Your task
Using the data that follows, return exactly the lines from the one that contains "unfolding total_from" through the one that contains "merge h other", ends included.

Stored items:
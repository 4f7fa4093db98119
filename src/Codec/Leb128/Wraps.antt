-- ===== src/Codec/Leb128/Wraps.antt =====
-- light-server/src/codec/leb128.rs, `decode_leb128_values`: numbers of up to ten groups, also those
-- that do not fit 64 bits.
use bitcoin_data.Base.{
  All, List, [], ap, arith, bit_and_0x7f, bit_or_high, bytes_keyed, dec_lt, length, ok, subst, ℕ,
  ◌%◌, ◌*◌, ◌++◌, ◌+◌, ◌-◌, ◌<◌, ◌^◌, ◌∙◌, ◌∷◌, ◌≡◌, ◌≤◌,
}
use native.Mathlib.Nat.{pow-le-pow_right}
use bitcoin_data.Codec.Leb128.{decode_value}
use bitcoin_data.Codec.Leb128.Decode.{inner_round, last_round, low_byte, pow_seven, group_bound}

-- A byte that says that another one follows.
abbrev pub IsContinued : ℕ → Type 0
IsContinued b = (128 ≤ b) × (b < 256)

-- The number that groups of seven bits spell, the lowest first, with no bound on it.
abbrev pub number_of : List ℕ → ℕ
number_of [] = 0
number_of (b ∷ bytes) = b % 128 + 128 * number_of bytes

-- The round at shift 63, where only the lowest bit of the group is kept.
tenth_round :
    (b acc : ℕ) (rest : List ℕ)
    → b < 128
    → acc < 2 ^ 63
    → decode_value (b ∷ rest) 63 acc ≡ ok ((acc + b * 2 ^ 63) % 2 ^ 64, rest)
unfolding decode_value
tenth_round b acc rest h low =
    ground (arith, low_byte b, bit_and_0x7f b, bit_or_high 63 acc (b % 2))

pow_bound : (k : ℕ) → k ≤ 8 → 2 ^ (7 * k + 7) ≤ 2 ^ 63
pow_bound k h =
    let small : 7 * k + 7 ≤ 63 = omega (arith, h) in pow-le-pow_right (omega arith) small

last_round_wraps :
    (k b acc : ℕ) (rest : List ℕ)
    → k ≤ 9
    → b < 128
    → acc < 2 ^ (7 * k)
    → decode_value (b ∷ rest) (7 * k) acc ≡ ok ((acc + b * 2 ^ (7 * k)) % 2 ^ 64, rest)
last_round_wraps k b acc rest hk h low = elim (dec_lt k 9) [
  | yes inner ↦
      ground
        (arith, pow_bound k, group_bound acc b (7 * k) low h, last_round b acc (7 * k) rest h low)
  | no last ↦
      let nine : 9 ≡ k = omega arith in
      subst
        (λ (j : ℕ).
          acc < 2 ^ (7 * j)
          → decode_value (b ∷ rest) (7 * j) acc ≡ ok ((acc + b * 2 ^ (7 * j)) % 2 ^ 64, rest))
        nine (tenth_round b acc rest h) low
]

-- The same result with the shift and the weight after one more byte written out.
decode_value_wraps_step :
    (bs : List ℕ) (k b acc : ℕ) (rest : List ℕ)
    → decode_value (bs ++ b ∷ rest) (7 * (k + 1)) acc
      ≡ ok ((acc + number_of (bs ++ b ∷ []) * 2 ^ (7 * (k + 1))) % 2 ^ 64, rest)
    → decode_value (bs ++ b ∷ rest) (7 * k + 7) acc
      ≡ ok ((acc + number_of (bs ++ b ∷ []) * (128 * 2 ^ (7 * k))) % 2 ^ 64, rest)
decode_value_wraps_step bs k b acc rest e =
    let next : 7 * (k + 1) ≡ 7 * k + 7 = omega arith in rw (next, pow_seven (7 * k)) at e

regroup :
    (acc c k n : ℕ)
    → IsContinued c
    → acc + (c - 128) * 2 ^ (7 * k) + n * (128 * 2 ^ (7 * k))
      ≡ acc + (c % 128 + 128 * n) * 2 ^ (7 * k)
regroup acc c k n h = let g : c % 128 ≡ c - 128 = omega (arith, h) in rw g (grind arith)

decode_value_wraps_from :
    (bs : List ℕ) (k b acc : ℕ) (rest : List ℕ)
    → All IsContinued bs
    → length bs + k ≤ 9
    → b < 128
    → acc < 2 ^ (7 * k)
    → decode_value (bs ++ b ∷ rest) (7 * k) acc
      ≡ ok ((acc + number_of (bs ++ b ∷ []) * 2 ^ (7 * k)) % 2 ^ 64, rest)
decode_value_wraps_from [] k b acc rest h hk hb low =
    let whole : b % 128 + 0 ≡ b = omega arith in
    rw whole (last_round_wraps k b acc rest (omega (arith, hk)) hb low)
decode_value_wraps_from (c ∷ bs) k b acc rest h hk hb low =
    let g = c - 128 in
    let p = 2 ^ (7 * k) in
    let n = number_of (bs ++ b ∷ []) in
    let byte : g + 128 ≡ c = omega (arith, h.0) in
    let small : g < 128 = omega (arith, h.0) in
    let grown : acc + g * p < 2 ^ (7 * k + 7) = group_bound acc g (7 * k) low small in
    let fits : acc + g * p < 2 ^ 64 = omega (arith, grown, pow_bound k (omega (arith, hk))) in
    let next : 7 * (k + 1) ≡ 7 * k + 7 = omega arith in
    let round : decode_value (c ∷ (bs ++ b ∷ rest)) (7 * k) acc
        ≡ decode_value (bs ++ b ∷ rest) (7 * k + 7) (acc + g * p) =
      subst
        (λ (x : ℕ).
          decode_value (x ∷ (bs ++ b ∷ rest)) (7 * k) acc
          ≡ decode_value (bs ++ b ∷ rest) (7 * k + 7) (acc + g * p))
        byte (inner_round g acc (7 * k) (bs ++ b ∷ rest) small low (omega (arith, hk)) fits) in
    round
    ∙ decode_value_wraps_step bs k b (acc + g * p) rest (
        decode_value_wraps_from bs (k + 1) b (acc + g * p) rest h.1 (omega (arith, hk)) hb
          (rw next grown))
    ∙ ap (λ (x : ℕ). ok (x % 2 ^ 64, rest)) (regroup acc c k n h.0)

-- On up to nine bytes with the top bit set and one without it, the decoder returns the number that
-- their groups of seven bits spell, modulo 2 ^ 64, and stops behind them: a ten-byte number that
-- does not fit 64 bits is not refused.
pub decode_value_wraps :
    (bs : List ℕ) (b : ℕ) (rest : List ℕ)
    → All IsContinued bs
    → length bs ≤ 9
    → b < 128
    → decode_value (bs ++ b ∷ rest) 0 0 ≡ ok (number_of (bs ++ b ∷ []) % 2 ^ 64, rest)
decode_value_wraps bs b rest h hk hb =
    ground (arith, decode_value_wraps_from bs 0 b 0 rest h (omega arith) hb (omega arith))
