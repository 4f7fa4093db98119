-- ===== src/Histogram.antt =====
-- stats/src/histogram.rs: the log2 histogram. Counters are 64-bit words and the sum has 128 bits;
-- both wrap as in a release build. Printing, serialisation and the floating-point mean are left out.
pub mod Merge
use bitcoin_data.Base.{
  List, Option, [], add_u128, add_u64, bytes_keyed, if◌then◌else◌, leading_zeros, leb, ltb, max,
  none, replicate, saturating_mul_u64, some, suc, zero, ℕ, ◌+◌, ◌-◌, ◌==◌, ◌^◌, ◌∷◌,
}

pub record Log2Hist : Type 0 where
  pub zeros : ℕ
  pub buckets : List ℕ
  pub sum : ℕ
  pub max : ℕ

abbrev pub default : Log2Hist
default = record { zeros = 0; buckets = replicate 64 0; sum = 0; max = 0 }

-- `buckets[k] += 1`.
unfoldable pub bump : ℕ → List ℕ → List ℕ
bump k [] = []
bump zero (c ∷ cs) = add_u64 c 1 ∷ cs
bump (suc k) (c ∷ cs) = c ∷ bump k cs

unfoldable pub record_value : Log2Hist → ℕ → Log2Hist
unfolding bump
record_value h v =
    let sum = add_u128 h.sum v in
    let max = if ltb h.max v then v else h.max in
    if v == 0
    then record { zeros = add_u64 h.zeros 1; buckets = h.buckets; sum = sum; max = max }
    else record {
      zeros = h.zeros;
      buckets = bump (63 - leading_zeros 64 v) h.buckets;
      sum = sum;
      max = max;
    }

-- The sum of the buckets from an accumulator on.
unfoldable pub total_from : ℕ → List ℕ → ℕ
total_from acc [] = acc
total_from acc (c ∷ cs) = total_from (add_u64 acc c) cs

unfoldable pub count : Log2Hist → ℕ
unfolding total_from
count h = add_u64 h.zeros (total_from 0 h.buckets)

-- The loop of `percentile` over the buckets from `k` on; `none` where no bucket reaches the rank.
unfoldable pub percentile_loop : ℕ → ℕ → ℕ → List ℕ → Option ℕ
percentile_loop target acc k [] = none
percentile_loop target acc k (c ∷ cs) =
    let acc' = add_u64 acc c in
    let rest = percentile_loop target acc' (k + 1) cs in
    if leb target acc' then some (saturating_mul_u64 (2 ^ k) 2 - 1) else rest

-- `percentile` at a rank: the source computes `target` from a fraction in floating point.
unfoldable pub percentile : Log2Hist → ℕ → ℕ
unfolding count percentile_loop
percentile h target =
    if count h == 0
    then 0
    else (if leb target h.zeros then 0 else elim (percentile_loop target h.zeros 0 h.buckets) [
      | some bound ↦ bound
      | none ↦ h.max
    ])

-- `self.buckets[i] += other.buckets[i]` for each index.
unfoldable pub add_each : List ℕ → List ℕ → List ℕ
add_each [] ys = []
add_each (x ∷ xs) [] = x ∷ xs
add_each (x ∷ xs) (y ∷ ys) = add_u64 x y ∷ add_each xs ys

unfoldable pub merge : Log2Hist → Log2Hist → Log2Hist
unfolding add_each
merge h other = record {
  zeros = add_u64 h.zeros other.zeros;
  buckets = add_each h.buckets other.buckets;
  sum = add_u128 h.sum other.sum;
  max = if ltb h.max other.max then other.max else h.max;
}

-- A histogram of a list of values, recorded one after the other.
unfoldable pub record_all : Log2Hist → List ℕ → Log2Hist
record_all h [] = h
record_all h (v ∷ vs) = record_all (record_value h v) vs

Output below
unfolding total_from
count h = add_u64 h.zeros (total_from 0 h.buckets)

-- The loop of `percentile` over the buckets from `k` on; `none` where no bucket reaches the rank.
unfoldable pub percentile_loop : ℕ → ℕ → ℕ → List ℕ → Option ℕ
percentile_loop target acc k [] = none
percentile_loop target acc k (c ∷ cs) =
    let acc' = add_u64 acc c in
    let rest = percentile_loop target acc' (k + 1) cs in
    if leb target acc' then some (saturating_mul_u64 (2 ^ k) 2 - 1) else rest

-- `percentile` at a rank: the source computes `target` from a fraction in floating point.
unfoldable pub percentile : Log2Hist → ℕ → ℕ
unfolding count percentile_loop
percentile h target =
    if count h == 0
    then 0
    else (if leb target h.zeros then 0 else elim (percentile_loop target h.zeros 0 h.buckets) [
      | some bound ↦ bound
      | none ↦ h.max
    ])

-- `self.buckets[i] += other.buckets[i]` for each index.
unfoldable pub add_each : List ℕ → List ℕ → List ℕ
add_each [] ys = []
add_each (x ∷ xs) [] = x ∷ xs
add_each (x ∷ xs) (y ∷ ys) = add_u64 x y ∷ add_each xs ys

unfoldable pub merge : Log2Hist → Log2Hist → Log2Hist
unfolding add_each
merge h other = record {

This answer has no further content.